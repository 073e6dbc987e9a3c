-- ===== src/Chunks/Collect.antt =====
-- The iterator of src/file_chunk_pos.rs yields the layout, and ends.
use mathlib.Core.Option
use rust_filen.Base.{
  ℕ, zero, suc, ◌+◌, ◌*◌, ◌<◌, ◌≡◌, ◌∙◌, List, [], ◌∷◌, Option, none, some, arith, leb,
  if◌then◌else◌, ap, returns, refl, sym, Option-cases, inl, inr,
}
use rust_filen.Base.Decimal.{u64_max}
use rust_filen.Chunks.{FileChunkPosition, FileChunkPositions, last_index, next, collect, new}
use rust_filen.Chunks.Spec.{
  chunk_count, position_at, positions_from, layout, Fits, lt-chunk_count, chunk_count-zero, suc_mul,
  last_index-chunk_count,
}

collect_end : (n : ℕ) (s t : FileChunkPositions) → next s ≡ (none, t) → collect (suc n) s ≡ some []
unfolding collect
collect_end n s t e = rw (e, collect)

collect_item :
    (n : ℕ) (s t : FileChunkPositions) (p : FileChunkPosition)
    → next s ≡ (some p, t)
    → collect (suc n) s ≡ Option.map (λ ps. p ∷ ps) (collect n t)
unfolding collect
collect_item n s t p e =
    rw (e, collect)
      (ap
        (λ (r : Option FileChunkPosition × FileChunkPositions).
          Option.map (λ ps. p ∷ ps) (collect n r.1))
        e)

module _ (c f : ℕ) (fits : Fits c f) where
  abbrev at : ℕ → ℕ → FileChunkPositions
  at i offset = record { current_index = i; current_offset = offset; chunk_size = c; file_size = f }

  -- The offset behind chunk `i`: the file's end where the sum overflows a `u64`.
  abbrev offset_after : ℕ → ℕ
  offset_after i = if leb (i * c + c) u64_max then i * c + c else f

  next_in_file :
      (i : ℕ)
      → i < chunk_count c f
      → next (at i (i * c)) ≡ (some (position_at c f i), at (suc i) (offset_after i))
  unfolding next
  next_in_file i h =
      let inside : i * c < f = (lt-chunk_count c f fits.positive i).0 h in
      let bound : suc (last_index c f) ≡ chunk_count c f =
        last_index-chunk_count c f fits.positive (omega arith) fits.count_lt in
      ground arith

  offset_after-mul : (i : ℕ) → suc i < chunk_count c f → offset_after i ≡ suc i * c
  offset_after-mul i h =
      let inside : suc i * c < f = (lt-chunk_count c f fits.positive (suc i)).0 h in
      ground (arith, suc_mul c f fits.positive i, fits.file_size_lt)

  next-at_end : (i offset : ℕ) → i ≡ chunk_count c f → next (at i offset) ≡ (none, at i offset)
  unfolding next
  next-at_end i offset e =
      let zero_case = chunk_count-zero c f fits.positive in
      let bound = last_index-chunk_count c f fits.positive in
      ground (arith, zero_case, bound, fits.count_lt)

  -- With `n` chunks left from chunk `i` on, `n + 1` calls of `next` collect them.
  collect_from :
      (n i offset : ℕ)
      → i + n ≡ chunk_count c f
      → (0 < n → offset ≡ i * c)
      → collect (suc n) (at i offset) ≡ some (positions_from c f i n)
  collect_from zero i offset e o =
      collect_end 0 (at i offset) (at i offset) (next-at_end i offset (omega arith))
  collect_from (suc n) i offset e o = rw (o (omega arith)) (
      collect_item (suc n) _ _ _ (next_in_file i (omega arith))
      ∙ ap (Option.map (λ ps. position_at c f i ∷ ps)) (
          collect_from n (suc i) (offset_after i) (omega arith)
            (λ more. offset_after-mul i (omega arith))))

-- The iterator over a file's chunks ends after one call of `next` for each chunk and one more, and
-- yields exactly the chunks of the layout, in order: chunk `i` starts at `i * chunk_size` and has
-- `chunk_size` bytes, the last one what is left. Stated for sizes that fit their machine types and
-- fewer than 2^32 chunks.
pub collect-new :
    (chunk_size file_size : ℕ)
    → Fits chunk_size file_size
    → (s : FileChunkPositions) × (new chunk_size file_size ≡ returns s)
      × (collect (suc (chunk_count chunk_size file_size)) s ≡ some (layout chunk_size file_size))
unfolding new
collect-new c f fits = (
  at c f fits 0 0,
  ground (arith, fits.positive),
  collect_from c f fits (chunk_count c f) 0 0 (omega arith) (λ _. omega arith),
)

-- However many calls of `next` are allowed, if they suffice the items are the same.
pub collect_unique :
    (m n : ℕ) (s : FileChunkPositions) (ps qs : List FileChunkPosition)
    → collect m s ≡ some ps
    → collect n s ≡ some qs
    → ps ≡ qs
unfolding collect
collect_unique zero n s ps qs e f = absurd (cc e)
collect_unique (suc m) zero s ps qs e f = absurd (cc f)
collect_unique (suc m) (suc n) s ps qs e f =
    go (next s) refl (λ t rs rs' found found'. collect_unique m n t rs rs' found found')
  where
    go :
        (o : Option FileChunkPosition × FileChunkPositions)
        → next s ≡ o
        → ((t : FileChunkPositions) (rs rs' : List FileChunkPosition)
            → collect m t ≡ some rs
            → collect n t ≡ some rs'
            → rs ≡ rs')
        → ps ≡ qs
    go (none, t) x ih = cc (sym (collect_end m s t x) ∙ e, sym (collect_end n s t x) ∙ f)
    go (some p, t) x ih =
        let e' = sym (collect_item m s t p x) ∙ e in
        let f' = sym (collect_item n s t p x) ∙ f in
        elim (Option-cases (collect m t)) [
          | inl out ↦ absurd (cc (rw out at e'))
          | inr (rs, found) ↦ elim (Option-cases (collect n t)) [
            | inl out ↦ absurd (cc (rw out at f'))
            | inr (rs', found') ↦
                let same = ih t rs rs' found found' in cc (rw found at e', rw found' at f', same)
          ]
        ]
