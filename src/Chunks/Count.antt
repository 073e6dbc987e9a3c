-- ===== src/Chunks/Count.antt =====
-- `calculate_chunk_count` and the index of the dummy chunk (src/v1/upload_file.rs) agree with the
-- iterator of src/file_chunk_pos.rs.
use rust_filen.Base.{
  ℕ, zero, suc, ◌+◌, ◌-◌, ◌*◌, ◌%◌, ◌^◌, ◌≤◌, ◌<◌, ◌≡◌, refl, none, some, arith, length,
}
use rust_filen.Chunks.{count_from, calculate_chunk_count, dummy_chunk_index, last_index}
use rust_filen.Chunks.Spec.{
  chunk_count, layout, Fits, lt-chunk_count, suc_mul, last_index-chunk_count, length-positions_from,
}

module _ (c f : ℕ) (fits : Fits c f) (no_wrap : chunk_count c f * c < 2 ^ 64) where
  count_from-chunk_count :
      (n i offset : ℕ)
      → i + n ≡ chunk_count c f
      → offset ≡ i * c
      → count_from (suc n) c f offset i ≡ some (chunk_count c f)
  unfolding count_from
  count_from-chunk_count zero i offset e o = ground (arith, (lt-chunk_count c f fits.positive i).1)
  count_from-chunk_count (suc n) i offset e o =
      let inside : i * c < f = (lt-chunk_count c f fits.positive i).0 (omega arith) in
      let le : suc i * c ≤ chunk_count c f * c = grind arith in
      let e1 : (offset + c) % 2 ^ 64 ≡ suc i * c = omega (arith, suc_mul c f fits.positive i) in
      let e2 : (i + 1) % 2 ^ 32 ≡ suc i = omega (arith, fits.count_lt) in
      ground (arith, count_from-chunk_count n (suc i) (suc i * c), e1, e2)

-- `calculate_chunk_count` returns, within one round for each chunk and one more, the number of
-- chunks that the iterator yields. Stated where the offset behind the last chunk fits a `u64`.
pub calculate_chunk_count-length :
    (chunk_size file_size : ℕ)
    → Fits chunk_size file_size
    → chunk_count chunk_size file_size * chunk_size < 2 ^ 64
    → calculate_chunk_count (suc (chunk_count chunk_size file_size)) chunk_size file_size
      ≡ some (length (layout chunk_size file_size))
unfolding calculate_chunk_count
calculate_chunk_count-length c f fits no_wrap =
    rw (length-positions_from c f 0 (chunk_count c f))
      (count_from-chunk_count c f fits no_wrap (chunk_count c f) 0 0 (omega arith) (omega arith))

-- The dummy chunk of a file that is not empty is sent under the first index that no chunk has, if
-- the chunks are fewer than 2^32.
pub dummy_chunk_index-length :
    (chunk_size file_size : ℕ)
    → Fits chunk_size file_size
    → 0 < file_size
    → dummy_chunk_index chunk_size file_size ≡ length (layout chunk_size file_size)
unfolding dummy_chunk_index
dummy_chunk_index-length c f fits more =
    let bound : suc (last_index c f) ≡ chunk_count c f =
      last_index-chunk_count c f fits.positive more fits.count_lt in
    rw (length-positions_from c f 0 (chunk_count c f)) (omega (arith, fits.count_lt))

module _ (f : ℕ) (near_top : 2 ^ 64 - 2 ^ 20 < f) where
  -- With chunks of a mebibyte every offset stays a multiple of that, below the size.
  count_from-none : (fuel k n : ℕ) → k < 2 ^ 44 → count_from fuel (2 ^ 20) f (k * 2 ^ 20) n ≡ none
  unfolding count_from
  count_from-none zero k n h = refl
  count_from-none (suc fuel) k n h =
      let wrapped : (k * 2 ^ 20 + 2 ^ 20) % 2 ^ 64 ≡ ((k + 1) % 2 ^ 44) * 2 ^ 20 = omega arith in
      ground (arith, count_from-none fuel ((k + 1) % 2 ^ 44) ((n + 1) % 2 ^ 32), wrapped)

-- For a size within the last mebibyte below 2^64, `calculate_chunk_count` with the library's chunk
-- size of a mebibyte never returns, however many rounds it is given: its offset wraps to 0.
pub calculate_chunk_count-none :
    (file_size fuel : ℕ)
    → 2 ^ 64 - 2 ^ 20 < file_size
    → calculate_chunk_count fuel (2 ^ 20) file_size ≡ none
unfolding calculate_chunk_count
calculate_chunk_count-none f fuel h = count_from-none f h fuel 0 0 (omega arith)
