-- ===== src/Chunks/Cover.antt =====
-- The chunks of src/file_chunk_pos.rs cut a file's bytes without gap or overlap.
use native.Mathlib.Decide.{dec_lt}
use rust_filen.Base.{
  ℕ, zero, suc, ◌+◌, ◌*◌, ◌<◌, ◌≡◌, sym, ◌∙◌, ap, List, ◌++◌, some, arith, returns, map, length,
  take, drop, concat, drop_all, take-drop_piece,
}
use rust_filen.Base.Text.{Bytes}
use rust_filen.Chunks.{FileChunkPosition, FileChunkPositions, new, collect}
use rust_filen.Chunks.Collect.{collect-new}
use rust_filen.Chunks.Spec.{
  Fits, chunk_count, position_at, positions_from, layout, lt-chunk_count, suc_mul,
}

-- The bytes that `seek` and `read_exact` get for a chunk.
abbrev pub slice : Bytes → FileChunkPosition → Bytes
slice content p = take p.chunk_size (drop p.start_position content)

module _ (c : ℕ) (content : Bytes) (pos : 0 < c) where
  slice-append :
      (i : ℕ)
      → slice content (position_at c (length content) i) ++ drop (suc i * c) content
        ≡ drop (i * c) content
  slice-append i =
      let e : suc i * c ≡ i * c + c = suc_mul c (length content) pos i in
      rw e (take-drop_piece c (i * c) content)

  concat-slices_from :
      (n i : ℕ)
      → i + n ≡ chunk_count c (length content)
      → concat (map (slice content) (positions_from c (length content) i n)) ≡ drop (i * c) content
  concat-slices_from zero i e = sym (
      drop_all (i * c) content (elim (dec_lt (i * c) (length content)) [
        | yes p ↦ absurd (omega (arith, (lt-chunk_count c (length content) pos i).1 p))
        | no p ↦ omega arith
      ]))
  concat-slices_from (suc n) i e = rw (concat-slices_from n (suc i) (omega arith)) (slice-append i)

concat-layout :
    (chunk_size : ℕ) (content : Bytes)
    → 0 < chunk_size
    → concat (map (slice content) (layout chunk_size (length content))) ≡ content
concat-layout c content pos =
    concat-slices_from c content pos (chunk_count c (length content)) 0 (omega arith)
    ∙ (let e : 0 * c ≡ 0 = omega arith in ap (λ (k : ℕ). drop k content) e)

-- The positions that the iterator yields cut a file into pieces that, put together in that order, are
-- the file: no byte is left out, repeated or moved. Stated for sizes that fit their machine types and
-- fewer than 2^32 chunks.
pub concat-slices :
    (chunk_size : ℕ) (content : Bytes)
    → Fits chunk_size (length content)
    → (s : FileChunkPositions) × (positions : List FileChunkPosition) × (new chunk_size
          (length content)
        ≡ returns s)
      × (collect (suc (chunk_count chunk_size (length content))) s ≡ some positions)
      × (concat (map (slice content) positions) ≡ content)
concat-slices c content fits =
    let (s, made, all) = collect-new c (length content) fits in
    (s, layout c (length content), made, all, concat-layout c content fits.positive)
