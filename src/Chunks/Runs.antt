-- ===== src/Chunks/Runs.antt =====
-- The iterator of src/file_chunk_pos.rs on small files.
use mathlib.Core.Option
use rust_filen.Base.{◌*◌, ◌≡◌, refl, [], ◌∷◌, some, map}
use rust_filen.Chunks.{start, collect}

even :
    collect 3 (start 2 4)
    ≡ some (
        record { index = 0; start_position = 0; chunk_size = 2 }
        ∷ record { index = 1; start_position = 2; chunk_size = 2 }
        ∷ [])
unfolding collect
even = refl

uneven : Option.map (map (λ p. p.chunk_size)) (collect 4 (start 2 5)) ≡ some (2 ∷ 2 ∷ 1 ∷ [])
unfolding collect
uneven = refl

bigger_chunk :
    Option.map (map (λ p. p.chunk_size)) (collect 2 (start (1024 * 1024) 100)) ≡ some (100 ∷ [])
unfolding collect
bigger_chunk = refl

no_chunk : collect 1 (start 1 0) ≡ some []
unfolding collect
no_chunk = refl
..............................
> Task goal
For each line of the material that contains the word "elim", make a copy.

> Written solution
        elim (Option-cases (collect m t)) [
          | inr (rs, found) ↦ elim (Option-cases (collect n t)) [
      drop_all (i * c) content (elim (dec_lt (i * c) (length content)) [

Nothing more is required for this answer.